I agree the odds are against you if you start investing right now. But still, analysis has shown that the only way to get long term returns that match the long term averages is to stay invested regardless of what the market is doing short term. I think this is because of another fact revealed by modern analysis: All of the investment gains that push up an average return, are earned in those few days of extraordinary market increases. All the other market numbers year in and year out, are just random noise that can be ignored. So - if you're not in the market on those extraordinary days you're not going to keep up with the long term S&P or whatever other index you like.
But yes, maybe with the market so high then real estate or some other alternative less linked to the economy, might be a better choice. If you have the analytical skill to identify the better alternative.
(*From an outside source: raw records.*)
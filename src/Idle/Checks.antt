-- ===== src/Idle/Checks.antt =====
-- src/server/idle.c: the checks of media players and of applications. What `pactl`, `hyprctl` and
-- /proc answer are parameters: the lines of the first, and the names that the others list.
use axctl_c.Prelude.{
  ℕ, zero, suc, ◌-◌, Bool, true, false, not, ◌&&◌, ◌||◌, List, [], ◌∷◌, ◌++◌, map, reverse, Option,
  none, some, pos, is_zero, ltb, ◌==◌, if◌then◌else◌, length, take, drop, CString, codes, str_eq,
}
use axctl_c.Json.{JsonC}
use axctl_c.Strutil.{tolower, strncmp_eq, strcasecmp}

-- The inner loop of `str_contains_ci`, on the rest of the haystack.
unfoldable pub matches_at : CString → CString → Bool
unfolding tolower
matches_at haystack [] = true
matches_at [] (n ∷ needle) = false
matches_at (h ∷ haystack) (n ∷ needle) =
    if tolower h == tolower n then matches_at haystack needle else false

-- The outer loop, with the number of rounds left.
unfoldable pub contains_scan : ℕ → CString → CString → Bool
unfolding matches_at
contains_scan zero haystack needle = false
contains_scan (suc rounds) [] needle = matches_at [] needle
contains_scan (suc rounds) (h ∷ haystack) needle =
    if matches_at (h ∷ haystack) needle then true else contains_scan rounds haystack needle

unfoldable pub str_contains_ci : Option CString → Option CString → Bool
unfolding contains_scan
str_contains_ci none needle = false
str_contains_ci (some haystack) none = false
str_contains_ci (some haystack) (some needle) =
    if ltb (length haystack) (length needle)
    then false
    else contains_scan (suc (length haystack - length needle)) haystack needle

-- Does one of the texts occur? One that is NULL does not.
unfoldable pub contains_one : CString → List (Option CString) → Bool
contains_one s [] = false
contains_one s (p ∷ patterns) = if str_contains_ci (some s) p then true else contains_one s patterns

abbrev pub media_blacklist : List CString
media_blacklist =
    codes "speech-dispatcher"
    ∷ codes "speech-dispatcher-dummy"
    ∷ codes "sndio"
    ∷ codes "pipewire"
    ∷ codes "wireplumber"
    ∷ codes "galene"
    ∷ []

unfoldable pub is_media_blacklisted : CString → Bool
unfolding contains_one
is_media_blacklisted app = contains_one app (map some media_blacklist)

-- The variables of the loop over one block of the listing.
pub record Sink : Type 0 where
  pub corked : Bool
  pub muted : Bool
  pub app_name : CString
  pub in_props : Bool

abbrev pub new_sink : Sink
new_sink = record { corked = false; muted = false; app_name = []; in_props = false }

-- `while (*trimmed == ' ' || *trimmed == '\t') trimmed++;`
unfoldable pub skip_blanks : CString → CString
skip_blanks [] = []
skip_blanks (c ∷ s) = if c == b' ' || c == 9 then skip_blanks s else c ∷ s

unfoldable pub skip_quotes : CString → CString
skip_quotes [] = []
skip_quotes (c ∷ s) = if c == 34 then skip_quotes s else c ∷ s

-- The loop from the end, over the text from its last byte to its first: `end > p` keeps one byte.
unfoldable pub strip_back : CString → CString
strip_back [] = []
strip_back (c ∷ []) = c ∷ []
strip_back (c ∷ d ∷ s) = if c == 10 || c == 13 || c == 34 then strip_back (d ∷ s) else c ∷ d ∷ s

-- The value of a property, cut to the 255 bytes that `app_name` holds.
unfoldable pub property_value : CString → CString
unfolding skip_quotes strip_back
property_value val = take 255 (reverse (strip_back (reverse (skip_quotes val))))

unfoldable pub is_header : CString → Bool
is_header trimmed =
    strncmp_eq 12 trimmed (codes "Sink Input #") || strncmp_eq 11 trimmed (codes "SinkInput #")

-- `strcasecmp(trimmed, flag "\n") == 0 || strcasecmp(trimmed, flag "\r\n") == 0`
unfoldable pub is_flag : CString → CString → Bool
is_flag trimmed flag =
    is_zero (strcasecmp (some trimmed) (some (flag ++ codes "\n")))
    || is_zero (strcasecmp (some trimmed) (some (flag ++ (13 ∷ 10 ∷ []))))

unfoldable pub is_properties : CString → Bool
is_properties trimmed =
    str_eq trimmed (codes "Properties:\n") || str_eq trimmed (codes "Properties:" ++ (13 ∷ 10 ∷ []))

-- The last part of a round: the name of the application, while there is none.
unfoldable pub read_name : Sink → CString → Sink
unfolding property_value
read_name sink trimmed =
    if sink.in_props && str_eq sink.app_name []
    then (if strncmp_eq 19 trimmed (codes "application.name = ")
        then record sink { app_name = property_value (drop 19 trimmed) }
        else if strncmp_eq 29 trimmed (codes "application.process.binary = ")
        then record sink { app_name = property_value (drop 29 trimmed) }
        else sink)
    else sink

-- A round for a line that begins no block.
unfoldable pub read_line : Sink → CString → Sink
unfolding is_flag is_properties read_name
read_line sink trimmed =
    let corked = record sink { corked = sink.corked || is_flag trimmed (codes "Corked: yes") } in
    let muted = record corked { muted = sink.muted || is_flag trimmed (codes "Mute: yes") } in
    if is_properties trimmed then record muted { in_props = true } else read_name muted trimmed

-- A block that is neither corked nor muted and has a name that is not on the list.
unfoldable pub counts : Sink → Bool
counts sink =
    not sink.corked
    && not sink.muted
    && not (str_eq sink.app_name [])
    && not (is_media_blacklisted sink.app_name)

-- What the end of a block adds to the list; `none` is `!in_block`, where the test fails at once.
unfoldable pub end_block : List CString → Option Sink → List CString
end_block apps none = apps
end_block apps (some sink) = if counts sink then apps ++ sink.app_name ∷ [] else apps

-- The loop. Before the first block the other variables are read and written too, but the block's
-- beginning sets them afresh.
unfoldable pub media_lines : List CString → Option Sink → List CString → List CString
unfolding skip_blanks is_header
media_lines apps block [] = end_block apps block
media_lines apps block (line ∷ lines) = elim (is_header (skip_blanks line)) [
  | true ↦ media_lines (end_block apps block) (some new_sink) lines
  | false ↦ elim block [
    | none ↦ media_lines apps none lines
    | some sink ↦ media_lines apps (some (read_line sink (skip_blanks line))) lines
  ]
]

abbrev pub default_patterns : List CString
default_patterns =
    codes "vlc"
    ∷ codes "mpv"
    ∷ codes "firefox"
    ∷ codes "chromium"
    ∷ codes "chrome"
    ∷ codes "brave"
    ∷ codes "vivaldi"
    ∷ codes "steam"
    ∷ []

abbrev pub patterns_or_default : List (Option CString) → List (Option CString)
patterns_or_default [] = map some default_patterns
patterns_or_default (p ∷ patterns) = p ∷ patterns

module _ (j : JsonC) where
  unfoldable pub string_array : j.Json → List CString → j.Json
  string_array a [] = a
  string_array a (s ∷ strings) = string_array (j.array_add a (j.new_string s)) strings

  -- `none` is a `pactl` that cannot be run.
  unfoldable pub media_check : Option (List CString) → j.Json
  unfolding media_lines string_array
  media_check pactl =
      let apps : List CString = elim pactl [ none ↦ [] | some lines ↦ media_lines [] none lines ] in
      j.object_add (j.object_add j.new_object (codes "count") (j.new_int (pos (length apps))))
        (codes "apps") (string_array j.new_array apps)

  -- The loop over the classes of the windows, or over the names of the processes.
  unfoldable pub add_matches : List (Option CString) → j.Json → List CString → j.Json
  add_matches patterns result [] = result
  add_matches patterns result (name ∷ names) =
      let result' =
        if contains_one name patterns
        then j.object_add result name (j.new_boolean true)
        else result in
      add_matches patterns result' names

  unfoldable pub app_check : List (Option CString) → List CString → j.Json
  unfolding add_matches
  app_check patterns names = add_matches (patterns_or_default patterns) j.new_object names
From my early days: Nice lady at Fidelity said why do you have this one account with so much cash when the market is rising? I replied that's what's left of my first significant investment in Fidelity Magellan back when Peter Lynch was a celebrity for beating the market year after year. That's the remaining half of what I put into Magellan. "Oh."
I didn't tell her this Fidelity account was my after-tax account while my long term investing was elsewhere in a Deferred Compensation (IRA) plan that I was locked into with my employer. Previously I had accepted a Fidelity offer to assign a Personal Investment Advisor and then learned when we met him that he wouldn't even look at that other half of my savings in the employer plan. We thanked him and walked out, that wasn't retirement planning advice at all!